Central decisions regarding fundamental and cross-cutting responsibilities are prepared by an expanded directory and are performed by organisational units within DRV Bund. These units consist of members from the self-administrations of all DRV carriers and are therefore representative of these.

The Deutsche Rentenversicherung consists of 16 legally autonomous insurance carriers, which are either active at the national level (federal carrier) or at the regional level (regional carrier). In 2024, approximately 62,400 employees were employed within the Deutsche Rentenversicherung.

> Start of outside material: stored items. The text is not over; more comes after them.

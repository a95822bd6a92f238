-- ===== src/Delivery.antt =====
-- From the backend to the agent's callback: a command that the hub carries, seen from both ends.
pub mod Blocks
pub mod Unblocks
use kerneleye.Base.{
  ap, inl, inr, Bool-cases, ◌≡◌, ◌≢◌, refl, sym, ◌∙◌, Option, none, some, List, [], ◌∷◌, arith,
  length,
}
use kerneleye.Base.Str.{Str, str, str_eq, str_eq_iff}
use kerneleye.Base.Int.{ℤ, pos, ltb_ℤ}
use kerneleye.Base.Word.{InI64}
use kerneleye.Signing.{Sys, SysLaws, sign, build_canonical_payload}
use kerneleye.Commands.{
  BlockCommand, Env, Client, Call, verify_command, process_command, payload_of, issued_nano,
  age_error, persist_nonce, dispatch, obey,
}
use kerneleye.Commands.Verify.{Ltz, verify_command_accepts}
use kerneleye.Hub.{HubCommand}
use kerneleye.Stream.{to_wire, wire_action, wire_type, signed_action, signed_type}
use kerneleye.BlockManager.{sign_command, text_or}

-- A command that has not been signed, with an address.
pub record IsUnsigned (cmd : HubCommand) : Type 0 where
  pub has_ip : cmd.ip ≢ []
  pub no_signature : cmd.signature ≡ none
  pub no_nonce : cmd.nonce ≡ none
  pub no_time : cmd.issued_at_unix_nano ≡ none

-- The agent holds the key under which a command is signed, and would accept its nonce and its time.
pub record Ready (key : Str) (nonce acted_at : ℤ) (env : Env) (c : Client) : Type 0 where
  pub shared : env.key ≡ key
  pub has_key : key ≢ []
  pub in_range : InI64 nonce × InI64 acted_at
  pub positive : Ltz (pos 0) nonce
  pub fresh : Ltz c.tracker.last_seen nonce
  pub in_window : age_error env.now (some acted_at) ≡ none

abbrev duration_or_zero : Option ℤ → ℤ
duration_or_zero none = pos 0
duration_or_zero (some d) = d

-- The command that the agent receives for a signed one.
abbrev pub streamed : Sys → Str → ℤ → ℤ → HubCommand → BlockCommand
streamed s key nonce acted_at cmd = record {
  action = wire_action cmd.action cmd.block_type;
  ip_address = cmd.ip;
  duration_seconds = duration_or_zero cmd.duration;
  reason = cmd.reason;
  block_id = text_or cmd.block_id;
  block_type = wire_type cmd.block_type;
  issued_at = some acted_at;
  signature = sign s key nonce (
      build_canonical_payload (signed_action cmd.action) cmd.ip (duration_or_zero cmd.duration)
        cmd.reason (text_or cmd.block_id) (signed_type (text_or cmd.block_type)) acted_at);
  nonce = nonce;
}

module _ (s : Sys) (laws : SysLaws s) (key : Str) (nonce acted_at : ℤ) where
  pub to_wire-sign :
      (now : ℤ) (cmd : HubCommand)
      → key ≢ []
      → InI64 nonce × InI64 acted_at
      → IsUnsigned cmd
      → to_wire s now (sign_command s key nonce acted_at cmd)
        ≡ some (streamed s key nonce acted_at cmd)
  unfolding to_wire sign_command
  to_wire-sign now cmd k h u =
      ground (arith, laws.parse-format nonce h.0, laws.parse-format acted_at h.1)

  sign_nonempty : (payload : Str) → sign s key nonce payload ≢ []
  unfolding sign
  sign_nonempty payload = laws.hmac_nonempty key _

  dispatch-persist :
      (env : Env) (c : Client) (n : ℤ) (cmd : BlockCommand)
      → dispatch (persist_nonce s env (record c { tracker = record { last_seen = n } }) n) cmd
        ≡ dispatch c cmd
  unfolding dispatch persist_nonce
  dispatch-persist env c n cmd = elim (Bool-cases env.disk_ok) [
    | inl done ↦ rw done
    | inr failed ↦ rw failed
  ]

  signature_of_payload :
      (env : Env) (cmd : HubCommand)
      → env.key ≡ key
      → wire_action cmd.action cmd.block_type ≡ signed_action cmd.action
      → wire_type cmd.block_type ≡ signed_type (text_or cmd.block_type)
      → let w = streamed s key nonce acted_at cmd in
        w.signature ≡ sign s env.key nonce (payload_of w)
  unfolding payload_of
  signature_of_payload env cmd same ea et = rw (same, ea, et)

  -- Where the codes that were signed are those on the wire, a fresh command is accepted.
  pub streamed_accepted :
      (env : Env) (c : Client) (cmd : HubCommand)
      → Ready key nonce acted_at env c
      → wire_action cmd.action cmd.block_type ≡ signed_action cmd.action
      → wire_type cmd.block_type ≡ signed_type (text_or cmd.block_type)
      → process_command s env c (streamed s key nonce acted_at cmd) ≡ (
        dispatch c (streamed s key nonce acted_at cmd),
        persist_nonce s env (record c { tracker = record { last_seen = nonce } }) nonce,
      )
  unfolding process_command obey
  streamed_accepted env c cmd r ea et =
      ap (obey w) accepted ∙ ap (λ o. (o, c')) (dispatch-persist env c nonce w)
    where
      w : BlockCommand
      w = streamed s key nonce acted_at cmd

      c' : Client
      c' = persist_nonce s env (record c { tracker = record { last_seen = nonce } }) nonce

      recomputed : w.signature ≡ sign s env.key nonce (payload_of w)
      recomputed = signature_of_payload env cmd r.shared ea et

      accepted :
          verify_command s env c w
          ≡ (none, persist_nonce s env (record c { tracker = record { last_seen = nonce } }) nonce)
      accepted =
          verify_command_accepts s env c w (λ e. r.has_key (sym r.shared ∙ e)) (sign_nonempty _)
            r.positive r.fresh r.in_window recomputed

=== List of DRV carriers ===

Carriers of the Deutschen Rentenversicherung
| Pension insurance carrier | Insured persons on 31.12.2022 | Pension payments disbursed in 2023 (rounded in million euros) |
|---|---|---|
| Deutsche Rentenversicherung Bund | 24,053,878 | 11.8 mn |
| Deutsche Rentenversicherung Knappschaft-Bahn-See | 02,364,873 | 01.6 mn |
| Deutsche Rentenversicherung Baden-Württemberg | 04,287,616 | 01.4 mn |
| Deutsche Rentenversicherung Bayern Süd | 03,032,065 | 01.2 mn |
| Deutsche Rentenversicherung Berlin-Brandenburg | 02,387,387 | 00.8 mn |
| Deutsche Rentenversicherung Braunschweig-Hannover | 02,438,763 | 00.9 mn |
| Deutsche Rentenversicherung Hessen | 02,322,327 | 00.7 mn |
| Deutsche Rentenversicherung Mitteldeutschland | 02,663,997 | 01.5 mn |
| Deutsche Rentenversicherung Nord | 02,400,177 | 00.9 mn |
| Deutsche Rentenversicherung Nordbayern | 01,719,531 | 00.9 mn |
| Deutsche Rentenversicherung Oldenburg-Bremen | ,0068,289 | 00.2 mn |
| Deutsche Rentenversicherung Rheinland | 03,641,154 | 01.3 mn |
| Deutsche Rentenversicherung Rheinland-Pfalz | 01,595,026 | 00.6 mn |
| Deutsche Rentenversicherung Saarland | ,00390,064 | 00.2 mn |
| Deutsche Rentenversicherung Schwaben | ,00951,176 | 00.6 mn |
| Deutsche Rentenversicherung Westfalen | 03,037,910 | 01.2 mn |
| gesamte Deutsche Rentenversicherung | 57,972,233 | 25.9 mn |

== Finance ==
The social pension system is based on disbursements based on a combination of assets accumulated by some precursor organisations, insurance fees from the insured, and tax subsidies. The tax subsidies are justified by the pension insurance carriers' mandate to provide services beyond the scope of insurance. In 2023, the overall revenue of the DRV amounted to 381 billion euros, consisting of 290 billion euros of revenue and 84 billion euros of federal subsidies. By contrast, expenditures amounted to 380 billion euros, with ca. 90% of expenditures due to pension payments. A further 27 billion euros of expenditures were spent on the health insurance payments for pensioners, which are considered non-insurance benefits.